Good work mate. Looks like you've gone global.![]()
Ms. Farhat Taj is a pashtu researcher working at the University of Oslo. She's also engaged with a non-profit organization known as the AIRRA Institute. Ms. Taj has been conducting a very interesting campaign to battle Pakistani public perceptions about the use of drones throughout Waziristan. I'm also now involved with a young man here at WAB known to you as IHM. He also has very important perspectives on these and related issues.
There is one modest telephone poll and three important columns which serve as background to these e-mails. One of the three columns is by Irfan Husain, a op-ed columnist for DAWN. Ms. Taj has been writing through the NEWS and the DAILY TIMES. All are english-language Pakistani daily newspapers.

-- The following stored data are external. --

-- ===== src/Identify/Tests.antt =====
-- The theorems on concrete peers and a small message.
use mathlib.Core.List.{flatten}
use minip2p.Prelude.{
  ℕ, ◌≡◌, ◌<◌, refl, arith, List, [], ◌∷◌, ◌++◌, none, some, length, drop, replicate, length-append,
  length-replicate,
}
use minip2p.Prelude.Maps.{nat_order, get}
use minip2p.Prelude.Result.{ok}
use minip2p.Varint.{Bytes, write_uvarint}
use minip2p.Wire.{encode_bytes_field}
use minip2p.Multistream.Utf8.{is_utf8}
use minip2p.Identity.Sample.{SampleHash, sample_hash, sample_order, alice_id, bob_id}
use minip2p.Identify.Message
use minip2p.Identify.Message.{IdentifyMessage}
use minip2p.Identify.Message.RoundTrip.{IsTyped, identify_decode-encode}
use minip2p.Identify.Types.{
  max_message_size, IdentifyConfig, IdentifyProtocol, IdentifyAction, send, close_stream_write,
  received, error, exceeds_maximum, PeerIdentifyState, stream_data,
}
use minip2p.Identify.{
  encode_length_prefixed, own_message, register_outbound_stream, register_inbound_stream,
  on_stream_data, on_stream_remote_write_closed, handle_input,
}
use minip2p.Identify.Invariant.{IsBounded, handle_input-IsBounded}
use minip2p.Identify.Delivery.{IsConfig, Waits, sent, feed, identify_delivery, identify_overflow}

abbrev config : IdentifyConfig
config = record {
  protocol_version = b'a' ∷ [];
  agent_version = b'b' ∷ [];
  protocols = (b'c' ∷ []) ∷ [];
  public_key = 1 ∷ [];
}

abbrev message : IdentifyMessage
message = record {
  public_key = some (1 ∷ []);
  listen_addrs = [];
  protocols = (b'c' ∷ []) ∷ [];
  observed_addr = none;
  protocol_version = some (b'a' ∷ []);
  agent_version = some (b'b' ∷ []);
}

abbrev message_bytes : Bytes
message_bytes = 10 ∷ 1 ∷ 1 ∷ 26 ∷ 1 ∷ b'c' ∷ 42 ∷ 1 ∷ b'a' ∷ 50 ∷ 1 ∷ b'b' ∷ []

encode-message : Message.encode message ≡ message_bytes
unfolding Message.encode encode_bytes_field write_uvarint
encode-message = refl

message-IsTyped : IsTyped message
unfolding is_utf8
message-IsTyped = record { protocols_text = (refl, tt); version_text = refl; agent_text = refl }

identify_decode-encode_example : Message.decode (Message.encode message) ≡ ok message
identify_decode-encode_example =
    identify_decode-encode message message-IsTyped (rw encode-message (omega arith))

config-IsConfig : IsConfig config
unfolding is_utf8
config-IsConfig = record { protocols_text = (refl, tt); version_text = refl; agent_text = refl }

sent_lem : sent {H = SampleHash} config none [] ≡ 12 ∷ message_bytes
unfolding own_message Message.encode encode_bytes_field encode_length_prefixed write_uvarint
sent_lem = refl

abbrev chunks : List Bytes
chunks = (12 ∷ 10 ∷ []) ∷ drop 1 message_bytes ∷ []

chunks_whole : flatten chunks ≡ sent {H = SampleHash} config none []
unfolding flatten
chunks_whole = rw sent_lem refl

abbrev open_node : IdentifyProtocol SampleHash
open_node = record { peers = []; events = []; actions = []; config = config }

abbrev listening : IdentifyProtocol SampleHash
listening = register_inbound_stream open_node alice_id 4

abbrev ending : IdentifyProtocol SampleHash × List (IdentifyAction SampleHash)
ending = on_stream_remote_write_closed (feed alice_id 4 listening chunks) alice_id 4

identify_delivery_example :
    ((register_outbound_stream open_node bob_id 7 none []).1
      ≡ ok
          (send bob_id 7 (sent {H = SampleHash} config none []) ∷ close_stream_write bob_id 7 ∷ []))
    × (ending.0.events ≡ received alice_id (own_message {H = SampleHash} config none []) ∷ [])
    × (ending.1 ≡ close_stream_write alice_id 4 ∷ [])
unfolding get
identify_delivery_example =
    identify_delivery alice_id 4 open_node open_node bob_id 7 none [] chunks config-IsConfig refl
      refl (rw sent_lem (omega arith)) chunks_whole

abbrev full : PeerIdentifyState
full = record { outbound_stream = none; inbound_streams = (4, replicate 2 9) ∷ [] }

abbrev full_node : IdentifyProtocol SampleHash
full_node = record { peers = (alice_id, full) ∷ []; events = []; actions = []; config = config }

full_node-IsBounded : IsBounded full_node
full_node-IsBounded = ((omega arith, tt), tt)

-- The data follow the two bytes that stream 4 has buffered.
handle_input-IsBounded_example :
    IsBounded (handle_input full_node (stream_data alice_id 4 (1 ∷ []))).0
handle_input-IsBounded_example =
    handle_input-IsBounded full_node (stream_data alice_id 4 (1 ∷ [])) full_node-IsBounded

full-Waits : Waits alice_id 4 full_node full (replicate 2 9)
unfolding get
full-Waits = record { there = refl; buffered = refl }

abbrev flood : Bytes
flood = replicate 8191 9

flood_long : max_message_size < length (replicate 2 9 ++ flood)
flood_long = omega (arith, length-append (replicate 2 9) flood, length-replicate {A = ℕ} 8191 9)

abbrev flooded : IdentifyProtocol SampleHash × List (IdentifyAction SampleHash)
flooded = on_stream_data full_node alice_id 4 flood

identify_overflow_example :
    (flooded.0.events ≡ error alice_id 4 (exceeds_maximum (length (replicate 2 9 ++ flood))) ∷ [])
    × (flooded.1 ≡ [])
    × (on_stream_remote_write_closed flooded.0 alice_id 4 ≡ (flooded.0, []))
identify_overflow_example =
    identify_overflow alice_id 4 full_node full (replicate 2 9) flood full-Waits flood_long
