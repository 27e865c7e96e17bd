-- ===== src/Identity.antt =====
-- crates/identity/src: peer ids (peer_id.rs), keys and signed payloads (key.rs, ed25519.rs, signed.rs). Its
-- varints are Varint.
pub mod Base32
pub mod Base58
pub mod PeerId
pub mod PublicKey
pub mod Sample
pub mod Signed
pub mod Text
mod Tests
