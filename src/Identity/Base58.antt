-- ===== src/Identity/Base58.antt =====
-- crates/identity/src/peer_id.rs: base58btc. A `&str` is the list of its chars, a char the number of its
-- code point. The digits are bytes and the carries stay below 2 ^ 16, so that no sum of the loops wraps.
pub mod Positional
pub mod Horner
pub mod Alphabet
pub mod Loops
pub mod Leading
pub mod RoundTrip
use mathlib.Core.List.{foldl, reverse}
use minip2p.Prelude.{
  ℕ, zero, suc, ◌+◌, ◌*◌, ◌/◌, ◌%◌, Bool, true, false, List, [], ◌∷◌, ◌++◌, map, Option, none, some,
  ◌==◌, if◌then◌else◌,
}
use minip2p.Prelude.Result.{Result, ok, err, ◌>>=◌, ok_or}
use minip2p.Varint.{Bytes}
use minip2p.Identity.PeerId.{PeerIdError, empty_input, invalid_base58_character}

abbrev pub Text : Type 0
Text = List ℕ

-- `BASE58_ALPHABET`
abbrev pub base58_alphabet : List ℕ
base58_alphabet =
    0x31 ∷ 0x32 ∷ 0x33 ∷ 0x34 ∷ 0x35 ∷ 0x36 ∷ 0x37 ∷ 0x38 ∷ 0x39 ∷ 0x41 ∷ 0x42 ∷ 0x43 ∷ 0x44 ∷ 0x45
    ∷ 0x46 ∷ 0x47 ∷ 0x48 ∷ 0x4a ∷ 0x4b ∷ 0x4c ∷ 0x4d ∷ 0x4e ∷ 0x50 ∷ 0x51 ∷ 0x52 ∷ 0x53 ∷ 0x54
    ∷ 0x55 ∷ 0x56 ∷ 0x57 ∷ 0x58 ∷ 0x59 ∷ 0x5a ∷ 0x61 ∷ 0x62 ∷ 0x63 ∷ 0x64 ∷ 0x65 ∷ 0x66 ∷ 0x67
    ∷ 0x68 ∷ 0x69 ∷ 0x6a ∷ 0x6b ∷ 0x6d ∷ 0x6e ∷ 0x6f ∷ 0x70 ∷ 0x71 ∷ 0x72 ∷ 0x73 ∷ 0x74 ∷ 0x75
    ∷ 0x76 ∷ 0x77 ∷ 0x78 ∷ 0x79 ∷ 0x7a ∷ []

-- The character `1`.
abbrev pub one : ℕ
one = 0x31

-- `BASE58_ALPHABET[digit as usize] as char`; a digit is below 58.
unfoldable pub char_at : List ℕ → ℕ → ℕ
char_at [] d = 0
char_at (c ∷ cs) zero = c
char_at (c ∷ cs) (suc d) = char_at cs d

abbrev pub base58_char : ℕ → ℕ
base58_char d = char_at base58_alphabet d

-- `position(|v| *v == …)`, from `idx` on.
unfoldable pub position_from : List ℕ → (c idx : ℕ) → Option ℕ
position_from [] c idx = none
position_from (v ∷ vs) c idx = if v == c then some idx else position_from vs c (suc idx)

-- `c as u8` keeps the lowest byte of the code point.
unfoldable pub base58_value : ℕ → Option ℕ
base58_value c = position_from base58_alphabet (c % 256) 0

-- `for digit in &mut digits { … }`, from base `mult` to base `base`; the carry that is left.
unfoldable pub mul_add : (base mult : ℕ) → List ℕ → (carry : ℕ) → List ℕ × ℕ
mul_add base mult [] carry = ([], carry)
mul_add base mult (d ∷ ds) carry =
    let value = d * mult + carry in
    let (ds', carry') = mul_add base mult ds (value / base) in (value % base ∷ ds', carry')

-- `while carry > 0 { … }`: what is pushed. Each round makes the carry smaller, so that the carry is enough
-- fuel.
unfoldable pub carry_digits : (base fuel carry : ℕ) → List ℕ
carry_digits base zero carry = []
carry_digits base (suc fuel) zero = []
carry_digits base (suc fuel) (suc c) = suc c % base ∷ carry_digits base fuel (suc c / base)

-- The two loops.
unfoldable pub push_digit : (base mult : ℕ) → List ℕ → ℕ → List ℕ
push_digit base mult ds value =
    let (ds', carry) = mul_add base mult ds value in ds' ++ carry_digits base carry carry

-- `if digits.is_empty() { digits.push(0); }`
abbrev pub or_zero : List ℕ → List ℕ
or_zero [] = 0 ∷ []
or_zero (d ∷ ds) = d ∷ ds

-- `take_while(|x| x == …).count()`, and what is behind those.
unfoldable pub leading : ℕ → List ℕ → ℕ × List ℕ
leading x [] = (0, [])
leading x (y ∷ ys) = let (n, rest) = leading x ys in if y == x then (suc n, rest) else (0, y ∷ ys)

unfoldable pub ones : ℕ → ℕ → List ℕ
ones x zero = []
ones x (suc n) = x ∷ ones x n

-- The loop over the bytes.
unfoldable pub encode_digits : List ℕ → Bytes → List ℕ
encode_digits digits input = foldl (λ ds byte. or_zero (push_digit 58 256 ds byte)) digits input

unfoldable pub encode_base58 : Bytes → Text
encode_base58 input =
    let (leading_zeros, rest) = leading 0 input in
    ones one leading_zeros ++ map base58_char (reverse (encode_digits [] rest))

-- The loop over the characters.
unfoldable pub decode_chars : Text → (index : ℕ) → Bytes → Result PeerIdError Bytes
decode_chars [] index bytes = ok bytes
decode_chars (ch ∷ chs) index bytes = do
  value ← ok_or (base58_value ch) (invalid_base58_character ch index)
  decode_chars chs (suc index) (push_digit 256 58 (or_zero bytes) value)

unfoldable pub decode_text : Text → Result PeerIdError Bytes
decode_text text =
    let (leading_zeros, rest) = leading one text in
    do bytes ← decode_chars rest leading_zeros []; ok (ones 0 leading_zeros ++ reverse bytes)

unfoldable pub decode_base58 : Text → Result PeerIdError Bytes
decode_base58 [] = err empty_input
decode_base58 (c ∷ cs) = decode_text (c ∷ cs)
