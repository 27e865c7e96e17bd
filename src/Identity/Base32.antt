-- ===== src/Identity/Base32.antt =====
-- crates/identity/src/peer_id.rs: base32 without padding. A char is the number of its code point.
pub mod Digits
pub mod RoundTrip
use Prim.Native.Nat.{bit_and, bit_or}
use minip2p.Prelude.{
  ℕ, zero, suc, ◌+◌, ◌-◌, ◌*◌, ◌/◌, ◌%◌, ◌^◌, Bool, true, false, ◌&&◌, List, [], ◌∷◌, ◌++◌, map,
  Option, none, some, leb, ltb, if◌then◌else◌,
}
use minip2p.Prelude.Result.{Result, ok, err, ◌>>=◌, ok_or}
use minip2p.Varint.{Bytes}
use minip2p.Identity.PeerId.{PeerIdError, invalid_base32_character}
use minip2p.Identity.Base58.{Text, char_at}

-- `BASE32_ALPHABET_LOWER`
abbrev pub base32_alphabet : List ℕ
base32_alphabet =
    0x61 ∷ 0x62 ∷ 0x63 ∷ 0x64 ∷ 0x65 ∷ 0x66 ∷ 0x67 ∷ 0x68 ∷ 0x69 ∷ 0x6a ∷ 0x6b ∷ 0x6c ∷ 0x6d ∷ 0x6e
    ∷ 0x6f ∷ 0x70 ∷ 0x71 ∷ 0x72 ∷ 0x73 ∷ 0x74 ∷ 0x75 ∷ 0x76 ∷ 0x77 ∷ 0x78 ∷ 0x79 ∷ 0x7a ∷ 0x32
    ∷ 0x33 ∷ 0x34 ∷ 0x35 ∷ 0x36 ∷ 0x37 ∷ []

abbrev pub base32_char : ℕ → ℕ
base32_char d = char_at base32_alphabet d

-- `while bits >= 5 { … }`: what is pushed, and the bits that are left. A round takes bits, so that their
-- number is enough fuel.
unfoldable pub take_digits : (fuel buffer bits : ℕ) → List ℕ × ℕ
take_digits zero buffer bits = ([], bits)
take_digits (suc fuel) buffer bits =
    let (ds, left) = take_digits fuel buffer (bits - 5) in
    if leb 5 bits then (bit_and (buffer / 2 ^ (bits - 5)) 0x1f ∷ ds, left) else ([], bits)

-- The loop over the bytes, and the digit for the bits that remain; `buffer` has 16 bits.
unfoldable pub base32_digits : Bytes → (buffer bits : ℕ) → List ℕ
base32_digits [] buffer bits =
    if ltb 0 bits then bit_and (buffer * 2 ^ (5 - bits) % 2 ^ 16) 0x1f ∷ [] else []
base32_digits (byte ∷ input) buffer bits =
    let buffer' = bit_or (buffer * 2 ^ 8 % 2 ^ 16) byte in
    let (ds, left) = take_digits (bits + 8) buffer' (bits + 8) in
    ds ++ base32_digits input buffer' left

unfoldable pub encode_base32_nopad_lower : Bytes → Text
encode_base32_nopad_lower input = map base32_char (base32_digits input 0 0)

-- `to_ascii_lowercase`
abbrev pub to_ascii_lowercase : ℕ → ℕ
to_ascii_lowercase c = if leb 0x41 c && leb c 0x5a then c + 32 else c

unfoldable pub base32_value : ℕ → Option ℕ
base32_value c =
    let lower = to_ascii_lowercase c in
    if leb 0x61 lower && leb lower 0x7a
    then some (lower - 0x61)
    else if leb 0x32 lower && leb lower 0x37
    then some (26 + (lower - 0x32))
    else none

-- One round of the loop: `buffer` has 32 bits, and at most one byte is complete, since fewer than 8 bits
-- are left over from the round before.
unfoldable pub decode_base32_chars :
    Text → (index buffer bits : ℕ) → Bytes → Result PeerIdError Bytes
decode_base32_chars [] index buffer bits out = ok out
decode_base32_chars (ch ∷ chs) index buffer bits out = do
  value ← ok_or (base32_value ch) (invalid_base32_character ch index)
  let buffer' = bit_or (buffer * 2 ^ 5 % 2 ^ 32) value
  let bits' = bits + 5
  (if leb 8 bits'
      then decode_base32_chars chs (suc index) buffer' (bits' - 8)
          (out ++ (bit_and (buffer' / 2 ^ (bits' - 8)) 0xff ∷ []))
      else decode_base32_chars chs (suc index) buffer' bits' out)

unfoldable pub decode_base32_nopad : Text → Result PeerIdError Bytes
decode_base32_nopad input = decode_base32_chars input 0 0 0 []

The first column is in fact a summary of a telephone survey Ms. Taj conducted with about 600 FATAville professionals just about a year ago-
Drone Attacks: A Survey- Ms. Farhat Taj NEWS March 5, 2009
Drone Attacks: Challenging Some Fabrications- Ms. Farhat Taj DAILY TIMES Jan. 4, 2010
That second column was picked up by Mr. Irfan Husain and echoed here-
Howling At The Moon- Irfan Husain DAWN Jan. 9, 2010
and, finally, Ms. Taj offered these thoughts yesterday to which I took exception and spurring my e-mail-
Analysis: Drone Attacks And U.S. Reputation- Ms. Farhat Taj DAILY TIMES Feb. 5, 2010
Ms. Farhat Taj,
Respectfully I'd like to thank you for the important work you've done on behalf of the pashtun community of Pakistan, particularly FATA to dramatize the desperate plight they've faced at the hands of both Al Qaeda and the Afghan/Pakistani taliban. They are the enemies of mankind and your work, beginning with your telephone survey last spring of 2009 and the two recent columns in the DAILY TIMES are valuable cries in the wilderness. Clearly, it has not gone unnoticed, at least in some quarters. Mr. Irfan Husain's superb column "Howling At The Moon", went far to assist your efforts I believe. Nor has it gone unnoticed in America. At least not by myself and I've humbly done what I can to make certain certain elements of our academic community know that their opposititon to drone attacks based upon collateral suffering are misplaced, ill-founded, and serving the purposes of evil designs.
OTOH, I noticed this-
"Now the only possibility is that you have ulterior motives, which could facilitate al Qaeda’s escape from Waziristan..."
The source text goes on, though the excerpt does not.